__Exercise brief__
Once the line with "filename src/Archive/Codes.antt" is found in the entries below, print it and each following line exactly, stopping after the line with "bwt_predictor_rans byte_plane_predictor_rans bcj_zstd"; print nothing else.

Segment Open

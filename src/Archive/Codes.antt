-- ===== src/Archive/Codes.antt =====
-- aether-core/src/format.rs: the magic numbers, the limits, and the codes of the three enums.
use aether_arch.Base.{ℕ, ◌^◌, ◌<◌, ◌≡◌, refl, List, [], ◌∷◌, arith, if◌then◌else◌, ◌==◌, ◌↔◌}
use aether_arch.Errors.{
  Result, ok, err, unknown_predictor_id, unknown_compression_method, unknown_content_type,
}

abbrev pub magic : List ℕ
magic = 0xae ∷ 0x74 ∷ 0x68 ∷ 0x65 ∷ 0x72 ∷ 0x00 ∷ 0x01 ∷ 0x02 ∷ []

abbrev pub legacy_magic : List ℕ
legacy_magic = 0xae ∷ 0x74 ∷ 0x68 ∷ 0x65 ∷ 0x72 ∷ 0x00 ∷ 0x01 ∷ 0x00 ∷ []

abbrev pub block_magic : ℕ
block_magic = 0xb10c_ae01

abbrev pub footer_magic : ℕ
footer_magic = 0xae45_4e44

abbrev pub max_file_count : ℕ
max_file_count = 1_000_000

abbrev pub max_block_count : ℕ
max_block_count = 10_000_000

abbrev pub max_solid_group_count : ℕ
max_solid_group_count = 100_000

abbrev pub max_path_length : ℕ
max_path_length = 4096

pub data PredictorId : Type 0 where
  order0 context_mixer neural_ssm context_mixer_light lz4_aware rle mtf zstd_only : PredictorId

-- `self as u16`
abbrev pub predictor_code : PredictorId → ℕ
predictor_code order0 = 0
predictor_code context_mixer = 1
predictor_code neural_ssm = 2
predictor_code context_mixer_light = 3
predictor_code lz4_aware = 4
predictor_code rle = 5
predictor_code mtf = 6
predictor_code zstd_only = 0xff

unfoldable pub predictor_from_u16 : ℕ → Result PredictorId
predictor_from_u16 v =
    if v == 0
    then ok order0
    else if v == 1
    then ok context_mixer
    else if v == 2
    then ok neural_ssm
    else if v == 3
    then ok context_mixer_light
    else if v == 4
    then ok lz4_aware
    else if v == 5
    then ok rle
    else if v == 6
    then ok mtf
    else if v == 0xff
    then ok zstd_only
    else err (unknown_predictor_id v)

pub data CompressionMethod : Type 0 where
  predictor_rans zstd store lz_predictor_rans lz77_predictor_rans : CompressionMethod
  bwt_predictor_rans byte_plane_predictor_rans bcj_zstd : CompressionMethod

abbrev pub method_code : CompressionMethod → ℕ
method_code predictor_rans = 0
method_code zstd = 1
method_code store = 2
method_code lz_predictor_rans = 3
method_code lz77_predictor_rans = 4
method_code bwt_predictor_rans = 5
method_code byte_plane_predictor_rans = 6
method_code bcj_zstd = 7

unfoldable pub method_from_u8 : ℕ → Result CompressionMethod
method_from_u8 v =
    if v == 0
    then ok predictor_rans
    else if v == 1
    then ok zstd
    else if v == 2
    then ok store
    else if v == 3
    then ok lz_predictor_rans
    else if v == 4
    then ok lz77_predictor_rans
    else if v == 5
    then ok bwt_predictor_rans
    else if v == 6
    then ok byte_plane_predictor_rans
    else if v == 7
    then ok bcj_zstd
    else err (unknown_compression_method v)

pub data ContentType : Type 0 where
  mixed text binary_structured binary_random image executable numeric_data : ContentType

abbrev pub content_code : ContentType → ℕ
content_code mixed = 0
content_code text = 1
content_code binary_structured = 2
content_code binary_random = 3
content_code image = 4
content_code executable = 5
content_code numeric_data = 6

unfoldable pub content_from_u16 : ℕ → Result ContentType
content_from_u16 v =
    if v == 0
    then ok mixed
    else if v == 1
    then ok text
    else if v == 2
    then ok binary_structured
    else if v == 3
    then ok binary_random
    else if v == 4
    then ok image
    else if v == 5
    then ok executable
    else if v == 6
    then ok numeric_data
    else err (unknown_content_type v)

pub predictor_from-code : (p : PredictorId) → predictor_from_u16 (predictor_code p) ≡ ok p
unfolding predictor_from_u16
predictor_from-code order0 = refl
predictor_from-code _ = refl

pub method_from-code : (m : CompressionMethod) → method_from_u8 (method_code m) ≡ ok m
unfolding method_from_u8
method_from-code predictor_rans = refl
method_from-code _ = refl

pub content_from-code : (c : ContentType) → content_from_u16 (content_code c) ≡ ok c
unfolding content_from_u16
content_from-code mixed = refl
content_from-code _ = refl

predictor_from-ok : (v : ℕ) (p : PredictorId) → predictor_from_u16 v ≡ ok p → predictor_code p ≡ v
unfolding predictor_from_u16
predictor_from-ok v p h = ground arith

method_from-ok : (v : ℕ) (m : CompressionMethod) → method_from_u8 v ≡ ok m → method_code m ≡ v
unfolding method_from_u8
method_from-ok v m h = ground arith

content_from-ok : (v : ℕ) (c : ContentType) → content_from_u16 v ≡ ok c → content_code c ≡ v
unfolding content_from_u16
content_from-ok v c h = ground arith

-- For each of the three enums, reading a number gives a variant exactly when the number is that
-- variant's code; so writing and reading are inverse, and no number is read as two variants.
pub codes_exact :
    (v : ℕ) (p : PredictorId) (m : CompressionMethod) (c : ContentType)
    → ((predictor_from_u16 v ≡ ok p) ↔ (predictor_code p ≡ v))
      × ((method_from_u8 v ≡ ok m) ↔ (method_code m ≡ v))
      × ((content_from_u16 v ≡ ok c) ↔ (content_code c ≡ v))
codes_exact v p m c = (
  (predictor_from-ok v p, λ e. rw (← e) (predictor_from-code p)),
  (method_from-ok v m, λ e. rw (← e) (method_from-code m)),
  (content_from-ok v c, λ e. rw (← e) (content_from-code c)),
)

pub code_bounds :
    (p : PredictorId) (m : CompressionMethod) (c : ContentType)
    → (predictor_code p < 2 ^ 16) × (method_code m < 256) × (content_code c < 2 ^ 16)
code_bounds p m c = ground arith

Segment Closed
Segment Open

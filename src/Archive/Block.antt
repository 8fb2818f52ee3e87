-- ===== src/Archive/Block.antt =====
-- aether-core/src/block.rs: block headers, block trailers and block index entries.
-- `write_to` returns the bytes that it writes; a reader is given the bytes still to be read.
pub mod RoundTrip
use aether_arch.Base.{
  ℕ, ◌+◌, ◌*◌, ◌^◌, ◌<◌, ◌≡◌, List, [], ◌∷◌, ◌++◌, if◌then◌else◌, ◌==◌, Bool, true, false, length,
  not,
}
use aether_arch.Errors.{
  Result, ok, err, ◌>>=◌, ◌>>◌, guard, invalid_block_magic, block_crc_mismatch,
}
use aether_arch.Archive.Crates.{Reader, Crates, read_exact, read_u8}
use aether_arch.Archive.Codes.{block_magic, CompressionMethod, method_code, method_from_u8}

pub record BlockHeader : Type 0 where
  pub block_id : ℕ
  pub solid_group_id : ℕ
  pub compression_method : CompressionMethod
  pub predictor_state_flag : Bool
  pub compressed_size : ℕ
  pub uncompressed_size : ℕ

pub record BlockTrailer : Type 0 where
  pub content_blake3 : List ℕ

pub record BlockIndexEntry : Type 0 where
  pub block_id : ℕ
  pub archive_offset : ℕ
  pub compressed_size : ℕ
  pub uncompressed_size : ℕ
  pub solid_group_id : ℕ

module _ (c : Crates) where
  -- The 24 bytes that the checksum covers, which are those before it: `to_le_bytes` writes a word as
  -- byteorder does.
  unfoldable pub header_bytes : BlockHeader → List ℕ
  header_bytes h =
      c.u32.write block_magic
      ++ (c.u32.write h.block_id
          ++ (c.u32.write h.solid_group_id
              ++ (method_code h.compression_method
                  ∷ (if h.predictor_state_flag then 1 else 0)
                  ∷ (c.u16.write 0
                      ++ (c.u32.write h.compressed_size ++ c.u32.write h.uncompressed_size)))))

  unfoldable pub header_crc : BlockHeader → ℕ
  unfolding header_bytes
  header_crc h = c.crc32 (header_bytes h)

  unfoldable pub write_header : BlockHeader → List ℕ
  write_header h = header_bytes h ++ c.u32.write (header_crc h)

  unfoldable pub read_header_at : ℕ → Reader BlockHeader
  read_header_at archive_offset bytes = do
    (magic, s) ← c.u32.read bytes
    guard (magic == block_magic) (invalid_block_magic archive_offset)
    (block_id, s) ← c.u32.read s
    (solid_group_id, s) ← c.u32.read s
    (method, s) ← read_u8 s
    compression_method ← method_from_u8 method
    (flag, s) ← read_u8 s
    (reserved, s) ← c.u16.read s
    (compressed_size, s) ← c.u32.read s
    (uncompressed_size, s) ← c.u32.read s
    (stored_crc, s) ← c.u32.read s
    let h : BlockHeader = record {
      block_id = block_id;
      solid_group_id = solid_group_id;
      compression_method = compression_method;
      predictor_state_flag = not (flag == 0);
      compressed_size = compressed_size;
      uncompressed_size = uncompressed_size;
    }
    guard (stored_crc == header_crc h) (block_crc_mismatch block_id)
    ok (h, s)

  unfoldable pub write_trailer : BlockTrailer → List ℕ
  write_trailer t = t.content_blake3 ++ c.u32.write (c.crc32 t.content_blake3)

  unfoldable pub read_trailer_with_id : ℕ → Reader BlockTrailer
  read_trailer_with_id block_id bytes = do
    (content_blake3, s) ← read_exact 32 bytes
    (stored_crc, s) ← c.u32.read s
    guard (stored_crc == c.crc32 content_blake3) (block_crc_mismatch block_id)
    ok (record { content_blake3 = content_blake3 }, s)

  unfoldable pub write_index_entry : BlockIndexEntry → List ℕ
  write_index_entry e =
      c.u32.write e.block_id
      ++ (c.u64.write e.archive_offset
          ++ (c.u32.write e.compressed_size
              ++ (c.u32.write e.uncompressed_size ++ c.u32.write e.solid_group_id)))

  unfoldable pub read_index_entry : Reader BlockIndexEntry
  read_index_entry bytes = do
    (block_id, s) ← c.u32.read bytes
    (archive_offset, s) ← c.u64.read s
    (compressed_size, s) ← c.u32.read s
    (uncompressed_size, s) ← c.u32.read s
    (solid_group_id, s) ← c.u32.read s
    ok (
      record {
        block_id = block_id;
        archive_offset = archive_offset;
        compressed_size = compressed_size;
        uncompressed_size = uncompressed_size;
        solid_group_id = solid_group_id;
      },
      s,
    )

Segment Closed

__Answer for this exercise__
filename src/Archive/Codes.antt
-- ===== src/Archive/Codes.antt =====
-- aether-core/src/format.rs: the magic numbers, the limits, and the codes of the three enums.
use aether_arch.Base.{ℕ, ◌^◌, ◌<◌, ◌≡◌, refl, List, [], ◌∷◌, arith, if◌then◌else◌, ◌==◌, ◌↔◌}
use aether_arch.Errors.{
  Result, ok, err, unknown_predictor_id, unknown_compression_method, unknown_content_type,
}

abbrev pub magic : List ℕ
magic = 0xae ∷ 0x74 ∷ 0x68 ∷ 0x65 ∷ 0x72 ∷ 0x00 ∷ 0x01 ∷ 0x02 ∷ []

abbrev pub legacy_magic : List ℕ
legacy_magic = 0xae ∷ 0x74 ∷ 0x68 ∷ 0x65 ∷ 0x72 ∷ 0x00 ∷ 0x01 ∷ 0x00 ∷ []

abbrev pub block_magic : ℕ
block_magic = 0xb10c_ae01

abbrev pub footer_magic : ℕ
footer_magic = 0xae45_4e44

abbrev pub max_file_count : ℕ
max_file_count = 1_000_000

abbrev pub max_block_count : ℕ
max_block_count = 10_000_000

abbrev pub max_solid_group_count : ℕ
max_solid_group_count = 100_000

abbrev pub max_path_length : ℕ
max_path_length = 4096

pub data PredictorId : Type 0 where
  order0 context_mixer neural_ssm context_mixer_light lz4_aware rle mtf zstd_only : PredictorId

-- `self as u16`
abbrev pub predictor_code : PredictorId → ℕ
predictor_code order0 = 0
predictor_code context_mixer = 1
predictor_code neural_ssm = 2
predictor_code context_mixer_light = 3
predictor_code lz4_aware = 4
predictor_code rle = 5
predictor_code mtf = 6
predictor_code zstd_only = 0xff

unfoldable pub predictor_from_u16 : ℕ → Result PredictorId
predictor_from_u16 v =
    if v == 0
    then ok order0
    else if v == 1
    then ok context_mixer
    else if v == 2
    then ok neural_ssm
    else if v == 3
    then ok context_mixer_light
    else if v == 4
    then ok lz4_aware
    else if v == 5
    then ok rle
    else if v == 6
    then ok mtf
    else if v == 0xff
    then ok zstd_only
    else err (unknown_predictor_id v)

pub data CompressionMethod : Type 0 where
  predictor_rans zstd store lz_predictor_rans lz77_predictor_rans : CompressionMethod
  bwt_predictor_rans byte_plane_predictor_rans bcj_zstd : CompressionMethod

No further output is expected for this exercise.